You may see me as ride staff. I figure to work at least one ride a year. I wont be doing any mountain rides until I get Emma in shape. Will be sticking to SC, might do a ride in FL in dec. My friend here tells me I need to do foxcatcher. I have a saddle on order for Emma. She is so much easier to ride. Bigger faster stronger younger. Hope to get her in shape to see how she does. She's a total lard butt at the moment. Amazing to look at her an Bo next to eachother. Bo looks like a body building muscle dude. Every muscle cut and defined. Emma,, umm kinda going for the walrus look.


----------



## Celeste (Jul 3, 2011)

When I used to ride like you do, both me and the horse I rode way back then had great muscle tone. Now, not so much. Walrus is a bit harsh..........


----------



## phantomhorse13 (Feb 18, 2011)

Joe4d said:


> My friend here tells me I need to do foxcatcher.


If you want to check out the foxcatcher trails, there is the Chesapeake CTR in Sept. While it technically is a CTR, they don't do obstacles and the lay judging is pretty reasonable. I did the 2-day 50 last year on a friend's totally-race brained gelding and it did great things to help tone down that race brain (though boy was I glad to be wearing gloves the first day!!).

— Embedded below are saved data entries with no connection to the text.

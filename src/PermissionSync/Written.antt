-- ===== src/PermissionSync/Written.antt =====
-- What a delegated run leaves in a SpiceDB server that keeps its laws.
use knowledge_graph_mvp.Prelude.{
  >>=-ok, In, List, Text, [], any, call-ok, false, lift-ok, list_eq, minus, nat_eq, ok, pure-ok,
  raise_if-ok, starts_with, string_eq, subst, sym, true, true_of_not, ◌==◌, ◌↔◌, ◌∙◌, ◌≡◌, ◌⊎◌,
}
use knowledge_graph_mvp.SpiceDb.{SpiceDb, PermissionTuple, tuple_eq}
use knowledge_graph_mvp.SpiceDb.Laws.{Serves}
use knowledge_graph_mvp.OauthViewer.{touches_of}
use knowledge_graph_mvp.OauthViewer.Reconciled.{exact_of}
use knowledge_graph_mvp.PermissionSync.Run.{Reconciled, reconcile}

module _ (s : SpiceDb) (law : Serves s) (prefix : Text) where
  -- A reconciliation that returns has made the relationships under the prefix exactly the desired
  -- ones, none of them an `oauth_viewer`, and has kept every relationship outside the prefix.
  pub reconcile-exact_written :
      (desired : List PermissionTuple) (w w' : s.World) (r : Reconciled)
      → reconcile s prefix desired w ≡ (ok r, w')
      → (any (λ item. item.relation == "oauth_viewer") desired ≡ false)
        × ((t : PermissionTuple)
            → In t (law.tuples w')
              ↔ (In t desired ⊎ (In t (law.tuples w) × (starts_with prefix t.resource_id ≡ false))))
  unfolding reconcile
  reconcile-exact_written desired w w' r h =
      let (_, w0, e0, h0) = >>=-ok _ _ w r w' h in
      let (current, w1, e1, h1) = >>=-ok _ _ w0 r w' h0 in
      let (revision, w2, e2, h2) = >>=-ok _ _ w1 r w' h1 in
      let (verified, w3, e3, h3) = >>=-ok _ _ w2 r w' h2 in
      let (_, w4, e4, h4) = >>=-ok _ _ w3 r w' h3 in
      let (clean, q0) = lift-ok _ w _ w0 e0 in
      let (p1, read) = law.read_managed prefix [] w0 w1 current (call-ok _ _ w0 current w1 e1) in
      let write = law.write _ _ w1 w2 revision (call-ok _ _ w1 revision w2 e2) in
      let (p3, read') =
        law.read_managed prefix revision w2 w3 verified (call-ok _ _ w2 verified w3 e3) in
      let (same, q4) = lift-ok _ w3 _ w4 e4 in
      let (_, q5) = pure-ok _ r w4 w' h4 in
      let before : w1 ≡ w = p1 ∙ sym q0 in
      let end' : w' ≡ w2 = sym q5 ∙ sym q4 ∙ p3 in
      (
        raise_if-ok _ _ _ clean,
        λ t.
            subst
              (λ v. In t (law.tuples v) ↔ (
                In t desired ⊎ (In t (law.tuples w) × (starts_with prefix t.resource_id ≡ false))))
              (sym end')
              (exact_of (λ x. starts_with prefix x.resource_id) desired current verified
                (law.tuples w) (law.tuples w2)
                (subst
                  (λ v.
                    (x : PermissionTuple)
                    → In x current
                      ↔ (In x (law.tuples v) × (starts_with prefix x.resource_id ≡ true)))
                  (sym q0) read)
                (subst
                  (λ v.
                    (x : PermissionTuple)
                    → In x (law.tuples w2) ↔ (
                        In x (touches_of desired current)
                        ⊎ (In x (law.tuples v) × ¬ In x (minus current desired))))
                  before write)
                read' (true_of_not _ (raise_if-ok _ _ _ same)) t),
      )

The only big difference between it and a normal race was that everyone had to be stalled (stalls at the facility) and there was a set pace (which was something like 6.5-7 mph average if I remember correctly. 

Have to say I saw much more of the actual trail/area during this ride's beginning, as the foxcatcher start generally involves carefully watching those around you to make sure they aren't going to trample you! :lol:


And not sure if you have a ride/rides to volunteer at in mind, but the August RBTR in WV is run by a fantastic group who are a ton of fun. The year I couldn't ride it I went down to work and had a blast.


----------



## Joe4d (Sep 1, 2011)

Another ride, another pull. Just have to face reality that Bo just isnt gonna be an endurance horse. It was hot, but I kept the pace down to 6 mph, took a few water breaks and still couldnt get anywhere near pulsing down at the 15 mile check. WIll start riding Emma now and see how she does. As much as I hate to get back into WTC horses, might have to give it another try.


----------



## Celeste (Jul 3, 2011)

Bummer. Sorry you're having a hard time.


----------



## phantomhorse13 (Feb 18, 2011)

Ugh, sorry to hear that you are still having issues. Was he all cranked up at the start again?


----------



## DancingArabian (Jul 15, 2011)

I don't think you'll need to give up on gaited horses. Why would you?
_Posted via Mobile Device_


----------



## Joe4d (Sep 1, 2011)

Nope, he was perfect at the start. Rode with his training partner. A 5yo TB X, that did act up a little with a bit of light buckng but settled down in about a half mile. Bo was the old hand showing the new guy the ropes. Having a partner at the start let him forget about all the other horses. Shari got the completion, her horse pulsed down with a minute to spare. I had to push her to saddle back up alone in the dark after I got pulled. 
Bo's in as good a shape as I am gonna get him he simply doesnt have the endurance. Even riding him at barely finish speeds, pulsing down is at the very last minute.


----------



## phantomhorse13 (Feb 18, 2011)

How very frustrating for you. Does Emma seem to run cooler than Bo? Hopefully you can use Bo for pleasure rides and focus on Emma for competitions.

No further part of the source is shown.